INSTRUCTIONS TO FOLLOW
Search the records for "codes" and copy each line that holds it.

MATERIAL FOR THIS EXERCISE
┄┄┄┄┄┄┄┄┄┄
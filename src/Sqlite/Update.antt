-- ===== src/Sqlite/Update.antt =====
-- ormpp/sqlite.hpp, `update_impl`, `insert_impl` and `get_insert_id_after_insert` of one object, and `delete_records`.
use ormpp.Base.{
  ℕ, Bool, true, false, List, [], ◌∷◌, Option, none, some, if◌then◌else◌, Bytes, codes, is_empty,
}
use ormpp.Utility.Keys.{Entity, Registry, sqlite, get_conflict_keys}
use ormpp.Utility.Insert.{generate_insert_sql}
use ormpp.Utility.Update.{generate_update_sql, generate_delete_sql}
use ormpp.Sqlite.{Library, Driver, set_last_error}
use ormpp.Sqlite.Statement.{
  OptType, insert, update, is_insert, Object, insert_or_update_one, execute,
}
use ormpp.Sqlite.Batch.{insert_or_update_impl}

-- `sizeof...(Args) > 0`
abbrev has_args : List Bytes → Bool
has_args [] = false
has_args (arg ∷ args) = true

module _ {Db : Type 0} (lib : Library Db) where
  unfoldable pub insert_one :
      Registry → Entity → OptType → Object → Driver Db → Option ℕ × Driver Db
  unfolding insert_or_update_one
  insert_one r t type object d =
      insert_or_update_one lib r t [] object (generate_insert_sql sqlite (is_insert type) r t [])
        type false false d

  abbrev or_zero : Option ℕ × Driver Db → ℕ × Driver Db
  or_zero (none, d) = (0, d)
  or_zero (some n, d) = (n, d)

  unfoldable pub get_insert_id_after_insert : Registry → Entity → Object → Driver Db → ℕ × Driver Db
  unfolding insert_or_update_one
  get_insert_id_after_insert r t object d = or_zero (
      insert_or_update_one lib r t [] object (generate_insert_sql sqlite true r t []) insert true
        false d)

  -- `update_impl` on what is done with the text
  unfoldable pub with_update :
      Registry
      → Entity
      → List Bytes
      → List Bytes
      → (Bytes → Driver Db → Option ℕ × Driver Db)
      → Driver Db
      → Option ℕ × Driver Db
  unfolding set_last_error get_conflict_keys
  with_update r t members args run d =
      let sql = generate_update_sql sqlite members args (get_conflict_keys sqlite [] r t) t in
      if is_empty sql
      then (none, set_last_error (codes "update requires a conflict key or where condition") d)
      else run sql d

  unfoldable pub update_one :
      Registry → Entity → List Bytes → List Bytes → Object → Driver Db → Option ℕ × Driver Db
  unfolding with_update insert_or_update_one
  update_one r t members args object d =
      with_update r t members args
        (λ sql. insert_or_update_one lib r t members object sql update false (has_args args)) d

  unfoldable pub update_vector :
      Registry → Entity → List Bytes → List Bytes → List Object → Driver Db → Option ℕ × Driver Db
  unfolding with_update insert_or_update_impl
  update_vector r t members args objects d =
      with_update r t members args
        (λ sql. insert_or_update_impl lib r t members objects sql update false (has_args args)) d

  unfoldable pub delete_records : Entity → Bytes → Driver Db → Bool × Driver Db
  unfolding execute
  delete_records t where_condition d = execute lib (generate_delete_sql where_condition t) d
┄┄┄┄┄┄┄┄┄┄
THE ANSWER
  ℕ, Bool, true, false, List, [], ◌∷◌, Option, none, some, if◌then◌else◌, Bytes, codes, is_empty,
      then (none, set_last_error (codes "update requires a conflict key or where condition") d)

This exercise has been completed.